Similarly, prevention services had to be adapted during lock-down: renewal of the PrEP prescriptions could be done remotely by the physician allowing the collection of the PrEP pills at the pharmacy. Field prevention and support organizations reinvented their action package to adapt to the pandemic by informing PWH about COVID-19 vaccines and providing support in making vaccine appointments. The link with the community was maintained by switching to online prevention, support and sharing groups and supportive phone calls. Testing was supported through the distribution of HIV self-tests (T. Martin, Director Plateforme Prévention SIDA, personal communication, April 19, 2022). Harm-reduction services also had to adapt their service offer during the lock-down periods by limiting or stopping the public reception, introducing online support, adjusting syringe exchange programs and providing information and education on COVID-19 prevention [24].

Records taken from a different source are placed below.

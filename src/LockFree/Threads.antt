-- ===== src/LockFree/Threads.antt =====
-- Threads that share the memory of one filter of cuckoo_filter/lock_free_filter.cpp and make their
-- accesses in any order.
use native.Mathlib.Decide.{ℕ_discrete}
use mathlib.Core.Logic.{ite}
use lock_free_cuckoo_filter.Prelude.{ℕ, ◌≡◌, List, [], ◌∷◌}
use lock_free_cuckoo_filter.Hash.{Digest}
use lock_free_cuckoo_filter.LockFree.Program.{Program, done, ◌>>=◌}
use lock_free_cuckoo_filter.LockFree.Memory.{Memory, new_memory, moved, advance}
use lock_free_cuckoo_filter.LockFree.Methods.{insert, find, remove}

-- A call of one of the three methods, with the orders that an insertion's shuffles give.
pub data Call : Type 0 where
  inserting : (ℕ → List ℕ) → List ℕ → Call
  finding : List ℕ → Call
  removing : List ℕ → Call

-- A thread makes its calls one after another.
unfoldable pub session : (n fuel : ℕ) → Digest → (tid : ℕ) → List Call → Program (Unit {0})
session n fuel d tid [] = done tt
session n fuel d tid (inserting orders key ∷ calls) =
    insert n tid fuel d orders key >>= λ answer. session n fuel d tid calls
session n fuel d tid (finding key ∷ calls) =
    find n tid fuel d key >>= λ location. session n fuel d tid calls
session n fuel d tid (removing key ∷ calls) =
    remove n tid fuel d key >>= λ answer. session n fuel d tid calls

pub record System : Type 0 where
  pub memory : Memory
  pub thread : ℕ → Program (Unit {0})

abbrev pub update_thread :
    (ℕ → Program (Unit {0})) → ℕ → Program (Unit {0}) → ℕ → Program (Unit {0})
update_thread f i m j = ite (ℕ_discrete i j) m (f j)

-- Thread `tid` makes one atomic access.
pub data Step (s : System) : System → Type 0 where
  access :
      (tid : ℕ) {m : Memory} {next : Program (Unit {0})}
      → advance s.memory (s.thread tid) ≡ moved m next
      → Step s (record { memory = m; thread = update_thread s.thread tid next })

-- The states that the threads can bring a new filter of `n` buckets to.
pub data Reach (n threads fuel : ℕ) (d : Digest) (calls : ℕ → List Call) : System → Type 0 where
  start :
      Reach n threads fuel d calls
        (record { memory = new_memory n threads; thread = λ tid. session n fuel d tid (calls tid) })
  later :
      {s t : System} → Reach n threads fuel d calls s → Step s t → Reach n threads fuel d calls t
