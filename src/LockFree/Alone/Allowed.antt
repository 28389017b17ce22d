-- ===== src/LockFree/Alone/Allowed.antt =====
-- The calls of one thread of cuckoo_filter/lock_free_filter.cpp, and the answers that a bag of
-- fingerprints allows.
use lock_free_cuckoo_filter.Prelude.{
  ℕ, ◌+◌, ◌-◌, ◌%◌, ◌<◌, ◌≡◌, ◌≢◌, ◌⊎◌, Bool, true, List, [], ◌∷◌, ltb, if◌then◌else◌,
}
use lock_free_cuckoo_filter.Hash.{Digest, jenkins_hash}
use lock_free_cuckoo_filter.Table.{Fingerprint}
use lock_free_cuckoo_filter.Table.Copies.{pair_of}
use lock_free_cuckoo_filter.Sequential.History.{Bag, single, multiplicity}
use lock_free_cuckoo_filter.LockFree.Program.{Program, done, ◌>>=◌}
use lock_free_cuckoo_filter.LockFree.Methods.{insert, find, remove}
use lock_free_cuckoo_filter.LockFree.Threads.{Call, inserting, finding, removing}

-- The answer of a call: `find` has found the key where its location is below 8.
unfoldable pub answer_to : (n fuel : ℕ) → Digest → (tid : ℕ) → Call → Program Bool
answer_to n fuel d tid (inserting orders key) = insert n tid fuel d orders key
answer_to n fuel d tid (finding key) = find n tid fuel d key >>= λ location. done (ltb location 8)
answer_to n fuel d tid (removing key) = remove n tid fuel d key

-- The calls one after another, with their answers
unfoldable pub answers_to : (n fuel : ℕ) → Digest → (tid : ℕ) → List Call → Program (List Bool)
answers_to n fuel d tid [] = done []
answers_to n fuel d tid (c ∷ cs) = answer_to n fuel d tid c >>= λ answer.
    answers_to n fuel d tid cs >>= λ answers. done (answer ∷ answers)

-- The bag after a call that gave an answer: an insertion adds a copy if it answered true, and a
-- removal takes one away if it did.
abbrev pub next_bag : ℕ → Digest → Call → Bool → Bag → Bag
next_bag n d (inserting orders key) answer bag =
    λ g p. bag g p + (if answer then single n d key g p else 0)
next_bag n d (finding key) answer bag = bag
next_bag n d (removing key) answer bag = λ g p. bag g p - (if answer then single n d key g p else 0)

-- The bag has a fingerprint that bucket `b` can hold.
abbrev pub IsCrowded : ℕ → ℕ → Bag → Type 0
IsCrowded n b bag = (g : Fingerprint) × (g ≢ []) × (0 < bag g (pair_of n b g))

-- An answer that the bag allows: find and remove say whether it has a copy for the key, and an
-- insertion is true unless the bag has a fingerprint that the key's first bucket can hold.
abbrev pub Allowed : ℕ → Digest → Call → Bag → Bool → Type 0
Allowed n d (inserting orders key) bag answer =
    (answer ≡ true) ⊎ IsCrowded n (jenkins_hash key % n) bag
Allowed n d (finding key) bag answer = answer ≡ ltb 0 (multiplicity n d key bag)
Allowed n d (removing key) bag answer = answer ≡ ltb 0 (multiplicity n d key bag)

abbrev pub AllAllowed : ℕ → Digest → List Call → Bag → List Bool → Type 0
AllAllowed n d [] bag [] = Unit
AllAllowed n d (c ∷ cs) bag (answer ∷ answers) =
    Allowed n d c bag answer × AllAllowed n d cs (next_bag n d c answer bag) answers
AllAllowed n d _ bag _ = ⊥
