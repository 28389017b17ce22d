-- ===== src/LockFree/Alone/Runs.antt =====
-- Runs of a program and what follows it.
use lock_free_cuckoo_filter.Prelude.{
  ℕ, ◌≡◌, refl, ap, ◌∙◌, true, false, none, some, List, ltb, ◌==◌, ◌^◌, if◌then◌else◌, ◌⊎◌,
}
use lock_free_cuckoo_filter.Pointer.{get_real_pointer, get_marked}
use lock_free_cuckoo_filter.Table.{Fingerprint}
use lock_free_cuckoo_filter.LockFree.Program.{
  Address, Program, done, aborted, out_of_fuel, reading, comparing, marking, dereferencing,
  allocating, retiring, ◌>>=◌,
}
use lock_free_cuckoo_filter.LockFree.Memory.{
  Memory, word_at, store_word, store_hazard, push_retired, allocate, Outcome, returned, abort,
  unfinished, fault, run,
}

-- What goes on after an outcome.
abbrev pub go_on : {A B : Type 0} → (A → Program B) → Outcome A → Outcome B
go_on f (returned a m) = run (f a) m
go_on f (abort m) = abort m
go_on f (unfinished m) = unfinished m
go_on f fault = fault

pub run->>= :
    {A B : Type 0} (p : Program A) (f : A → Program B) (m : Memory)
    → run (p >>= f) m ≡ go_on f (run p m)
unfolding run
run->>= (done a) f m = refl
run->>= aborted f m = refl
run->>= out_of_fuel f m = refl
run->>= (reading b i k) f m = run->>= (k (word_at m b i)) f m
run->>= {A} {B} (comparing b i expected desired k) f m =
    elim (word_at m b i == expected)
      as (λ c.
        ◌≡◌ {A = Outcome B}
          (if c then run (k true >>= f) (store_word m b i desired) else run (k false >>= f) m)
          (go_on f (if c then run (k true) (store_word m b i desired) else run (k false) m))) [
            | true ↦ run->>= (k true) f (store_word m b i desired)
            | false ↦ run->>= (k false) f m
          ]
run->>= (marking p index tid k) f m = run->>= k f (store_hazard m p index tid)
run->>= {A} {B} (dereferencing p k) f m =
    elim (m.heap p)
      as (λ o.
        ◌≡◌ {A = Outcome B} (elim o [ none ↦ fault | some s ↦ run (k s >>= f) m ])
          (go_on f (elim o [ none ↦ fault | some s ↦ run (k s) m ]))) [
            | none ↦ refl
            | some s ↦ run->>= (k s) f m
          ]
run->>= {A} {B} (allocating s k) f m =
    elim (ltb m.fresh (2 ^ 48))
      as (λ c.
        ◌≡◌ {A = Outcome B} (if c then run (k m.fresh >>= f) (allocate m s) else abort m)
          (go_on f (if c then run (k m.fresh) (allocate m s) else abort m))) [
            | true ↦ run->>= (k m.fresh) f (allocate m s)
            | false ↦ refl
          ]
run->>= (retiring p tid k) f m = run->>= k f (push_retired m p tid)

pub run_after :
    {A B : Type 0} (p : Program A) (f : A → Program B) (m m' : Memory) (a : A)
    → run p m ≡ returned a m'
    → run (p >>= f) m ≡ run (f a) m'
run_after p f m m' a e = run->>= p f m ∙ ap (go_on f) e

pub run-done : {A : Type 0} (a : A) (m : Memory) → run (done a) m ≡ returned a m
unfolding run
run-done a m = refl

-- The memory with other hazard pointers
abbrev pub with_hazards : Memory → List (List Address) → Memory
with_hazards m h = record m { hazard_ptrs = h }

-- No slot is marked, and each holds null or an entry.
abbrev pub IsQuiet : Memory → Type 0
IsQuiet m =
    (b i : ℕ)
    → (get_marked (word_at m b i) ≡ false)
      × ((get_real_pointer (word_at m b i) ≡ 0)
          ⊎ ((str : Fingerprint) × (m.heap (get_real_pointer (word_at m b i)) ≡ some str)))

Finally, structural inequalities related to poverty and migration may have been exacerbated during the COVID-19 pandemic, potentially limiting access to health services for vulnerable populations even more than before [25,26,27]. Our results show indeed a slight increase in HIV care interruption in 2020. The results of a study conducted among PWH revealed that the negative impact of COVID-19 was more important in the most vulnerable PWH. The reported reasons include an increased fear of COVID-19 infection, greater sense of isolation for PWH living alone, deterioration of financial situation especially for those in the informal economy, and increased uncertainty of legal status for asylum seekers. For some, this led to weight gain and bad habits such as alcohol use and other addictions (Thierry Martin, Director Plateforme Prévention SIDA, personal communication, April 19, 2022). Therefore it is essential, particularly during a pandemic period, that prevention and testing facilities as well as care are inclusive and accessible to all affected populations.